Vivos porque no se han muerto, nada más

noviembre 25, 2020

Caminando por las calles de toda la vida, paso por la esquina que conecta Guillermo II con Santa Rita. Nombres que, ahora, dan lo mismo porque habría sido igual en cualquier rincón de la ciudad.

Me detengo y aunque nunca creí hacerlo, lo echo de menos.  “¿Quién es esta muchacha tan bonita que pasa por aquí?”, hace eco en mi cabeza la voz del Carlos, personaje del Cerro.

Lo imagino con su ropa cochina y maloliente sentado en su vereda de siempre, donde todo el día le llegaba sol. Usualmente pensaba en ignorar su piropo como la falta de respeto que efectivamente era, pero siempre me resignaba a darle las gracias con una lastimosa sonrisa, de esas que estos sujetos reciben poco.

Vejetes como éste hay en todos los cerros del Puerto. Hombres de tan avanzada edad que muchas veces no tienen noción de cómo acabaron así, tan sucios, encorvados, perdidos y solos en medio de una ciudad que goza fama de patrimonio, pero se desentiende de la humanidad. 

Paz Errázuriz, Dormidos (1979)


En Valparaíso se ignora a todos los Toños, Luchos, Juanchos, Papis, que vagan en busca de nada. Pobres hasta de nombre porque a falta de apellido e historia sus vecinos les bautizan con cariñosos apodos que no les hacen justicia a sus naturalezas de “viejos del saco”, borrachos enfermos de cara poco amable.

Por eso los pocos niños que aún juegan en las calles nunca se acercan a sus casas (si se puede llamar así a esas pocilgas sin agua potable, hediondas a caca de toda procedencia), y si lo hacen probablemente solo sea un juego de mocosos aburridos, que van a tirar piedras a ver si el indigente del barrio responde a sus provocaciones. Obviamente los papás no van a frenar la escena. Al final del día a quién le importa.

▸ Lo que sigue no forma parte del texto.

-- ===== src/Store/Paths.antt =====
-- Paths of objects on disk (internal/store/pathsafe.go).
pub mod Filepath
pub mod Buckets
pub mod Segments
pub mod Under
mod Tests
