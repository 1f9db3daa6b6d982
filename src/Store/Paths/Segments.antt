-- ===== src/Store/Paths/Segments.antt =====
-- Cleaned rooted paths as lists of segments (internal/store/pathsafe.go, through Go's path/filepath).
use mathlib.Core.List.{reverse, reverse_aux, reverse-reverse}
use Prim.Native.Char.{Char, code}
use Prim.Native.String.append
use noctaxris_gcp.Base.{
  String, true, false, ◌==◌, ◌||◌, ◌≡◌, refl, ap, ◌∙◌, ◌≢◌, inl, inr, List, [], ◌∷◌, arith, eq_iff,
  concat, has_prefix-append, split_on, split_when, prepend, eqb, All, Bool-cases,
}
use noctaxris_gcp.Store.Paths.Filepath.{
  join_slash, is_abs, popped, clean_step, clean_loop, clean_segments, clean,
}

-- A text without a slash.
abbrev pub Segment : String → Type 0
Segment s = split_on b'/' s ≡ s ∷ []

Segment-cons :
    (c : Char) (s : String) → eqb (code c) b'/' ≡ false → Segment s → Segment (String.◌∷◌ c s)
unfolding split_on
Segment-cons c s f h = rw (f, split_when, h) refl

split_on-ne : (s : String) → split_on b'/' s ≢ []
unfolding split_on
split_on-ne String.[] h = cc
split_on-ne (String.◌∷◌ c s) h = elim (Bool-cases (eqb (code c) b'/')) [
  | inl t ↦ cc (rw (t, split_when) at h)
  | inr f ↦ prepend-ne c (split_on b'/' s) (rw (f, split_when) at h)
]
  where
    prepend-ne : (c : Char) (ts : List String) → prepend c ts ≢ []
    prepend-ne c [] h = cc
    prepend-ne c (t ∷ ts) h = cc

unprepended :
    (c : Char) (s : String) (ts : List String)
    → ts ≢ []
    → prepend c ts ≡ String.◌∷◌ c s ∷ []
    → ts ≡ s ∷ []
unprepended c s [] n h = absurd (n refl)
unprepended c s (t ∷ ts) n h = cc

Segment-parts :
    (c : Char) (s : String) → Segment (String.◌∷◌ c s) → (eqb (code c) b'/' ≡ false) × Segment s
unfolding split_on
Segment-parts c s h = elim (Bool-cases (eqb (code c) b'/')) [
  | inl t ↦ cc (rw (t, split_when) at h)
  | inr f ↦ (f, unprepended c s (split_on b'/' s) (split_on-ne s) (rw (f, split_when) at h))
]

prepend-Segment :
    (c : Char) (ts : List String)
    → eqb (code c) b'/' ≡ false
    → All Segment ts
    → All Segment (prepend c ts)
prepend-Segment c [] f h = (Segment-cons c "" f (unfold split_on in refl), tt)
prepend-Segment c (t ∷ ts) f h = (Segment-cons c t f h.0, h.1)

split_on-Segment : (s : String) → All Segment (split_on b'/' s)
unfolding split_on
split_on-Segment String.[] = (refl, tt)
split_on-Segment (String.◌∷◌ c s) = elim (Bool-cases (eqb (code c) b'/')) [
  | inl t ↦ rw (t, split_when) (refl, split_on-Segment s)
  | inr f ↦ rw (f, split_when) (prepend-Segment c (split_on b'/' s) f (split_on-Segment s))
]

-- A segment before a slash is split off.
split_on-slash :
    (s t : String) → Segment s → split_on b'/' (concat s (concat "/" t)) ≡ s ∷ split_on b'/' t
unfolding split_on
split_on-slash String.[] t h = rw (append.nil, append.cons, append.nil) refl
split_on-slash (String.◌∷◌ c s) t h =
    let (f, g) = Segment-parts c s h in
    rw append.cons (rw (f, split_when, split_on-slash s t g) refl)

-- The segments of a cleaned rooted path.
pub record Good (s : String) : Type 0 where
  pub segment : Segment s
  pub some_text : s ≢ ""
  pub no_dot : s ≢ "."
  pub no_dots : s ≢ ".."

-- A rooted path by its segments.
abbrev pub render : List String → String
render ss = concat "/" (join_slash ss)

split_on-join_slash :
    (s : String) (ss : List String)
    → All Good (s ∷ ss)
    → split_on b'/' (join_slash (s ∷ ss)) ≡ s ∷ ss
unfolding join_slash
split_on-join_slash s [] h = h.0.segment
split_on-join_slash s (t ∷ ts) h =
    split_on-slash s (join_slash (t ∷ ts)) h.0.segment
    ∙ ap (λ (l : List String). s ∷ l) (split_on-join_slash t ts h.1)

step-Good :
    (s : String) (out : List String) → Segment s → All Good out → All Good (clean_step true out s)
unfolding clean_step popped
step-Good s out seg h = elim (Bool-cases (s == "" || s == ".")) [
  | inl t ↦ rw t h
  | inr f ↦ elim (Bool-cases (s == "..")) [
    | inl t ↦ rw (f, t) (popped-Good out h)
    | inr g ↦
        rw (f, g)
          (
            record {
              segment = seg;
              some_text = λ e. ground (arith, eq_iff s "");
              no_dot = λ e. ground (arith, eq_iff s ".");
              no_dots = λ e. ground (arith, eq_iff s "..");
            },
            h,
          )
  ]
]
  where
    popped-Good : (out : List String) → All Good out → All Good (popped true out)
    popped-Good [] h = tt
    popped-Good (x ∷ out) h = rw (kept x h.0) h.1
      where
        kept : (x : String) → Good x → x == ".." ≡ false
        kept x g = ground (arith, eq_iff x "..", g.no_dots)

loop-Good :
    (ss out : List String) → All Segment ss → All Good out → All Good (clean_loop true out ss)
unfolding clean_loop
loop-Good [] out seg h = h
loop-Good (s ∷ ss) out seg h = loop-Good ss (clean_step true out s) seg.1 (step-Good s out seg.0 h)

reverse_aux-Good :
    (xs acc : List String) → All Good xs → All Good acc → All Good (reverse_aux xs acc)
reverse_aux-Good [] acc h a = a
reverse_aux-Good (x ∷ xs) acc h a = reverse_aux-Good xs (x ∷ acc) h.1 (h.0, a)

-- A cleaned rooted path is a slash and good segments.
pub clean-rooted :
    (path : String)
    → is_abs path ≡ true
    → (ss : List String) × All Good ss × (clean path ≡ render ss)
unfolding clean clean_segments
clean-rooted path a = (
  clean_segments path,
  rw (a, clean_segments)
      (reverse_aux-Good (clean_loop true [] (split_on b'/' path)) []
        (loop-Good (split_on b'/' path) [] (split_on-Segment path) tt) tt),
  rw a refl,
)

loop_kept : (ss out : List String) → All Good ss → clean_loop true out ss ≡ reverse_aux ss out
unfolding clean_loop clean_step
loop_kept [] out h = refl
loop_kept (s ∷ ss) out h = rw (kept, clean_step) (loop_kept ss (s ∷ out) h.1)
  where
    kept : clean_step true out s ≡ s ∷ out
    kept =
        ground
          (arith, eq_iff s "", eq_iff s ".", eq_iff s "..", h.0.some_text, h.0.no_dot, h.0.no_dots)

slash_first : (t : String) → split_on b'/' (concat "/" t) ≡ "" ∷ split_on b'/' t
unfolding split_on
slash_first t = rw (append.cons, append.nil) refl

join_loop :
    (ss : List String)
    → All Good ss
    → clean_loop true [] (split_on b'/' (join_slash ss)) ≡ reverse ss
join_loop [] h = unfold clean_loop clean_step join_slash split_on in refl
join_loop (s ∷ ss) h = rw (split_on-join_slash s ss h) (loop_kept (s ∷ ss) [] h)

-- Such a path has its segments.
pub clean_segments-render : (ss : List String) → All Good ss → clean_segments (render ss) ≡ ss
unfolding clean_segments
clean_segments-render ss h =
    rw (has_prefix-append "/" (join_slash ss), slash_first (join_slash ss))
      (unfold clean_loop clean_step in rw (join_loop ss h) (reverse-reverse ss))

En la noche, cuando los que tienen techo se guardan, a estos otros seguramente se les encuentre en cualquier calle chupando lo que sea, lo que les alcance, lo que se encuentren. En la mañana seguirán ahí, adornando la decadente imagen de la ciudad, acompañando los basurales y el olor a meado de los que tantos se quejan y escriben artículos como si esos fueran los peores males de la ciudad

Abandonados como otro tipo de desecho: la basura humana. Tan naturalizada que parece parte del atractivo bohemio. El típico borrachito porteño, que se pega el show y duerme entre ratones y mierda. ¡Qué pintoresco!

Víctimas o, para qué estamos con cosas, a lo mejor culpables de la soledad y miseria que ahora cargan. Yo qué sé y qué me incumbe. Siguen existiendo a duras penas, como un recordatorio latente de justicia inoperante, reinserciones fallidas, crianzas ausentes, pensiones inexistentes y, al final de su largo trayecto, de abandono a la tercera edad.

Desamparados en una ciudad adornada por extranjeros, con bonitos panes batidos pintados en las murallas, mientras en esas mismas marginadas calles duermen abuelos, sin casa ni mesa ni platos donde poner comida.

El Carlos ya no está, se murió de hambre, de enfermo, de solo. Pero da lo mismo porque viejos como él no faltan. Indigentes que prueban equivocado al Gitano Rodríguez, porque la historia de Valparaíso prácticamente la escribieron, pero la suya propia nadie la sabe. Vivos porque no se han muerto nada más, vagabundos vejestorios que penan como fantasmas de una historia innecesariamente larga, observados e ignorados por los porteños con rostro de fría indiferencia.